Requirement
This is an individual request. However, you are encouraged to help (and seek help from) your peers (except sharing code, of course). This request contains the following two parts: 1) observing the OS through the /proc file system; 2) building a shell. Everything you do in this warm-up request is at the user-level (outside of the OS kernel). Your code must be compiled for Linux, and our reference machines will be the ones in the CSIL lab(Make sure your code compiles and runs correctly on these machines).
Building a shell
UNIX shells:
The OS command interpreter is the program that people interact with in order to launch and control programs. On UNIX systems, the command interpreter is often called shell: a user-level program that gives people a command-line interface to launching, suspending, and killing other programs. sh, ksh, csh, tcsh, bash, … are all examples of UNIX shells. You use a shell like this every time you log into a Linux machine at a CS computer lab and bring up a terminal. It might be useful to look at the manual pages of these shells, for example, type “man csh”.

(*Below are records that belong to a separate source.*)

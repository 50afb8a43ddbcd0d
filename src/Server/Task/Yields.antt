-- ===== src/Server/Task/Yields.antt =====
-- What a task of src/server.rs may come to, whatever the registry answers, and its connection's queue
-- meanwhile.
use ws_fanout.Prelude.{ℕ, Bool, String, List, nat_eq, string_eq}
use mathlib.Core.Path.{subst}
use ws_fanout.Mpsc.{Mpsc}
use ws_fanout.Registry.{Registry, ConnectionId}
use ws_fanout.Registry.Calls.{Call, subscribing, unsubscribing, sending, timing_out, perform}
use ws_fanout.Registry.Invariant.{IsValid, subscribe-IsValid, unsubscribe-IsValid}
use ws_fanout.Registry.Keeps.{Keeps-IsValid, send-Keeps, count_timeout-Keeps}
use ws_fanout.Registry.Stream.{
  Extends, Extends-trans, LeavesQueue, queue_of, perform-Extends, Undisturbed, Undisturbed-IsValid,
  Undisturbed-Extends,
}
use ws_fanout.Server.Task.{
  Task, ret, subscribe, unsubscribe, send, drops, heartbeat_timeout, close_sink, ◌>>=◌, Among,
}

-- Every result of the task has the property.
abbrev pub Yields : {A : Type 0} → (A → Type 0) → Task A → Type 0
Yields P (ret a) = P a
Yields P (subscribe chs k) = (x : List String × List String) → Yields P (k x)
Yields P (unsubscribe chs k) = (x : List String) → Yields P (k x)
Yields P (send frame k) = (x : Bool) → Yields P (k x)
Yields P (drops k) = (x : ℕ) → Yields P (k x)
Yields P (heartbeat_timeout t) = Yields P t
Yields P (close_sink t) = Yields P t

pub >>=-Yields :
    {A B : Type 0} (P : A → Type 0) (Q : B → Type 0) (t : Task A) (f : A → Task B)
    → Yields P t
    → ((a : A) → P a → Yields Q (f a))
    → Yields Q (t >>= f)
unfolding ◌>>=◌
>>=-Yields P Q (ret a) f h k = k a h
>>=-Yields P Q (subscribe chs g) f h k = λ x. >>=-Yields P Q (g x) f (h x) k
>>=-Yields P Q (unsubscribe chs g) f h k = λ x. >>=-Yields P Q (g x) f (h x) k
>>=-Yields P Q (send frame g) f h k = λ x. >>=-Yields P Q (g x) f (h x) k
>>=-Yields P Q (drops g) f h k = λ x. >>=-Yields P Q (g x) f (h x) k
>>=-Yields P Q (heartbeat_timeout t) f h k = >>=-Yields P Q t f h k
>>=-Yields P Q (close_sink t) f h k = >>=-Yields P Q t f h k

pub Yields-all : {A : Type 0} (P : A → Type 0) (t : Task A) → ((a : A) → P a) → Yields P t
Yields-all P (ret a) h = h a
Yields-all P (subscribe chs k) h = λ x. Yields-all P (k x) h
Yields-all P (unsubscribe chs k) h = λ x. Yields-all P (k x) h
Yields-all P (send frame k) h = λ x. Yields-all P (k x) h
Yields-all P (drops k) h = λ x. Yields-all P (k x) h
Yields-all P (heartbeat_timeout t) h = Yields-all P t h
Yields-all P (close_sink t) h = Yields-all P t h

-- Every result of the task has the property, where what it reads of the streak of drops has `R`.
abbrev pub YieldsWhere : {A : Type 0} → (ℕ → Type 0) → (A → Type 0) → Task A → Type 0
YieldsWhere R P (ret a) = P a
YieldsWhere R P (subscribe chs k) = (x : List String × List String) → YieldsWhere R P (k x)
YieldsWhere R P (unsubscribe chs k) = (x : List String) → YieldsWhere R P (k x)
YieldsWhere R P (send frame k) = (x : Bool) → YieldsWhere R P (k x)
YieldsWhere R P (drops k) = (x : ℕ) → R x → YieldsWhere R P (k x)
YieldsWhere R P (heartbeat_timeout t) = YieldsWhere R P t
YieldsWhere R P (close_sink t) = YieldsWhere R P t

pub Yields-Where :
    {A : Type 0} (R : ℕ → Type 0) (P : A → Type 0) (t : Task A) → Yields P t → YieldsWhere R P t
Yields-Where R P (ret a) h = h
Yields-Where R P (subscribe chs k) h = λ x. Yields-Where R P (k x) (h x)
Yields-Where R P (unsubscribe chs k) h = λ x. Yields-Where R P (k x) (h x)
Yields-Where R P (send frame k) h = λ x. Yields-Where R P (k x) (h x)
Yields-Where R P (drops k) h = λ x _. Yields-Where R P (k x) (h x)
Yields-Where R P (heartbeat_timeout t) h = Yields-Where R P t h
Yields-Where R P (close_sink t) h = Yields-Where R P t h

pub >>=-YieldsWhere :
    {A B : Type 0} (R : ℕ → Type 0) (P : A → Type 0) (Q : B → Type 0) (t : Task A) (f : A → Task B)
    → YieldsWhere R P t
    → ((a : A) → P a → YieldsWhere R Q (f a))
    → YieldsWhere R Q (t >>= f)
unfolding ◌>>=◌
>>=-YieldsWhere R P Q (ret a) f h k = k a h
>>=-YieldsWhere R P Q (subscribe chs g) f h k = λ x. >>=-YieldsWhere R P Q (g x) f (h x) k
>>=-YieldsWhere R P Q (unsubscribe chs g) f h k = λ x. >>=-YieldsWhere R P Q (g x) f (h x) k
>>=-YieldsWhere R P Q (send frame g) f h k = λ x. >>=-YieldsWhere R P Q (g x) f (h x) k
>>=-YieldsWhere R P Q (drops g) f h k = λ x r. >>=-YieldsWhere R P Q (g x) f (h x r) k
>>=-YieldsWhere R P Q (heartbeat_timeout t) f h k = >>=-YieldsWhere R P Q t f h k
>>=-YieldsWhere R P Q (close_sink t) f h k = >>=-YieldsWhere R P Q t f h k

module _ {Tx : Type 0} ⦃mpsc : Mpsc Tx⦄ (id : ConnectionId) (max : ℕ) where
  pub Among-Yields :
      {A : Type 0} (Others : Registry Tx → Registry Tx → Type 0) (P : A → Type 0) (t : Task A)
      (r s : Registry Tx) (b : A)
      → Yields P t
      → Among Others id max t r s b
      → P b
  Among-Yields Others P (ret a) r s b h (_, e) = subst P e h
  Among-Yields Others P (subscribe chs k) r s b h (m, _, e) =
      Among-Yields Others P (k _) _ s b (h _) e
  Among-Yields Others P (unsubscribe chs k) r s b h (m, _, e) =
      Among-Yields Others P (k _) _ s b (h _) e
  Among-Yields Others P (send frame k) r s b h (m, _, e) = Among-Yields Others P (k _) _ s b (h _) e
  Among-Yields Others P (drops k) r s b h (m, _, e) = Among-Yields Others P (k _) m s b (h _) e
  Among-Yields Others P (heartbeat_timeout t) r s b h (m, _, e) = Among-Yields Others P t _ s b h e
  Among-Yields Others P (close_sink t) r s b h (m, _, e) = Among-Yields Others P t m s b h e

module _ {Tx : Type 0} ⦃mpsc : Mpsc Tx⦄ (max cap : ℕ) (id : ConnectionId) where
  -- The registry stays valid, and the queue only gets longer.
  abbrev pub Onwards : Registry Tx → Registry Tx → Type 0
  Onwards r s = IsValid s × Extends (queue_of id r) (queue_of id s)

  Onwards-trans : (r m s : Registry Tx) → Onwards r m → Onwards m s → Onwards r s
  Onwards-trans r m s (_, p) (v, q) =
      (v, Extends-trans (queue_of id r) (queue_of id m) (queue_of id s) p q)

  others-Onwards : (r s : Registry Tx) → Undisturbed max cap id r s → IsValid r → Onwards r s
  others-Onwards r s o v = (Undisturbed-IsValid max cap id o v, Undisturbed-Extends max cap id o v)

  own-Onwards :
      (c : Call) (r m : Registry Tx)
      → LeavesQueue id c
      → IsValid (perform max cap c m)
      → Undisturbed max cap id r m
      → IsValid r
      → Onwards r (perform max cap c m)
  own-Onwards c r m q w o v =
      let before = others-Onwards r m o v in
      Onwards-trans r m (perform max cap c m) before (w, perform-Extends max cap id c m q before.0)

  pub Among-Onwards :
      {A : Type 0} (t : Task A) (r s : Registry Tx) (b : A)
      → IsValid r
      → Among (Undisturbed max cap id) id max t r s b
      → Onwards r s
  unfolding perform
  Among-Onwards (ret a) r s b v (o, _) = others-Onwards r s o v
  Among-Onwards (subscribe chs k) r s b v (m, o, e) =
      let x =
        own-Onwards (subscribing id chs) r m tt
          (subscribe-IsValid m id chs max (others-Onwards r m o v).0) o v in
      Onwards-trans r _ s x (Among-Onwards (k _) _ s b x.0 e)
  Among-Onwards (unsubscribe chs k) r s b v (m, o, e) =
      let x =
        own-Onwards (unsubscribing id chs) r m tt
          (unsubscribe-IsValid m id chs (others-Onwards r m o v).0) o v in
      Onwards-trans r _ s x (Among-Onwards (k _) _ s b x.0 e)
  Among-Onwards (send frame k) r s b v (m, o, e) =
      let x =
        own-Onwards (sending id frame) r m tt
          (Keeps-IsValid m _ (send-Keeps m id frame) (others-Onwards r m o v).0) o v in
      Onwards-trans r _ s x (Among-Onwards (k _) _ s b x.0 e)
  Among-Onwards (drops k) r s b v (m, o, e) =
      let x = others-Onwards r m o v in Onwards-trans r m s x (Among-Onwards (k _) m s b x.0 e)
  Among-Onwards (close_sink t) r s b v (m, o, e) =
      let x = others-Onwards r m o v in Onwards-trans r m s x (Among-Onwards t m s b x.0 e)
  Among-Onwards (heartbeat_timeout t) r s b v (m, o, e) =
      let x =
        own-Onwards timing_out r m tt
          (Keeps-IsValid m _ (count_timeout-Keeps m) (others-Onwards r m o v).0) o v in
      Onwards-trans r _ s x (Among-Onwards t _ s b x.0 e)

The most rudimentary shell is structured as the following loop:
Print out a prompt;
Read a line from the user;
Parse the line into the program name and an array of parameters;
Use the fork() system call to spawn a new child process;
The child process then uses the exec() system call (or one of its variants) to launch the specified program;
The parent process (the shell) uses the wait() system call (or one of its variants) to wait for the child to terminate;
Once the child (the launched program) finishes, the shell repeats the loop by jumping to 1.
Although most commands people type on the shell prompt are the names of other UNIX programs (such as ps or cat), shells also recognize some special commands (called internal commands) that are not program names. For example, the exit command terminates the shell, and the cd command changes the current working directory. Shells directly make system calls to execute these commands, instead of forking a child process to handle them.
Requirements in detail
Your job is to implement a very primitive shell that knows how to launch new programs in the foreground and the background. It should also recognize a few internal commands. More specifically, it should support the following features.
It should recognize the internal commands: exit, jobs, and cd. exit should use the exit() system call to terminate the shell. cd uses the chdir() system call to change to a new directory. If the command line does not indicate any internal commands, it should be in the following form:1
<program name> <arg1> <arg2> .... <argN> [&]
Your shell should invoke the program, passing it the list of arguments in the command line. The shell must wait until the started program completes unless the user runs it in the background (with &).
To allow users to pass arguments you need to parse the input line into words separated by whitespace (spaces and ‘\t’ tab characters). You might try to use strtok_r() for parsing (check the manual page of strtok_r() and Google it for examples of using it). In case you wonder, strtok_r() is a user-level utility, not a system call. This means this function is fulfilled without the help of the operating system kernel. To make the parsing easy for you, you can assume the ‘&’ token (when used) is separated from the last argument with one or more spaces or ‘\t’ tab characters.
The shell runs programs using two core system calls: fork() and execvp(). Read the manual pages to see how to use them. In short, fork() creates an exact copy of the currently running process, and is used by the shell to spawn a new process. The execvp() call is used to overload the currently running program with a new program, which is how the shell turns a forked process into the program it wants to run. In addition, the shell must wait until the previously started program completes unless the user runs it in the background (with &). This is done with the wait() system call or one of its variants (such as waitpid()). All these system calls can fail due to unforeseen reasons (see their manual pages for details). You should check their return status and report errors if they occur.
No input the user gives should cause the shell to exit (except when the user types exit or Ctrl+D). This means your shell should handle errors gracefully, no matter where they occur. Even if an error occurs in the middle of a long pipeline, it should be reported accurately and your shell should recover gracefully. In addition, your shell should not generate leaking open file descriptors. Hint: you can monitor the current open file descriptors of the shell process through the /proc file system.
Your shell needs to support pipes. Pipes allow the stdins and stdouts of a list of programs to be concatenated in a chain. More specifically, the first program’s stdout is directed to the stdin of the second program; the second program’s stdout is directed to the stdin of the third program; and so on so forth. Multiple piped programs in a command line are separated with the token “|’. A command line will therefore have the following form:1
<program1> <arglist1> | <program2> <arglist2> | ... | <programN> <arglistN> [&]
Try an example like this: pick a text file with more than 10 lines (assume it is called textfile) and then type1
cat textfile | gzip -c | gunzip -c | tail -n 10
in a regular shell or in the working shell we provide. Pause a bit to think what it really does. Note that multiple processes need to be launched for piped commands and all of them should be waited on in a foreground execution. The pipe() and dup2() system calls will be useful.
Your compiled executable must be called my_shell.
Administrative policies
A note on the programming language:
C/C++ is the only choice for this request and all later programming requests. We are not alone in this. Most existing operating system kernels (Linux and other UNIX variants) themselves are written in C; the remaining parts are written in assembly language. Higher-level languages (Java, Perl, …), while possible, are less desirable because C allows more flexible and direct control of system resources.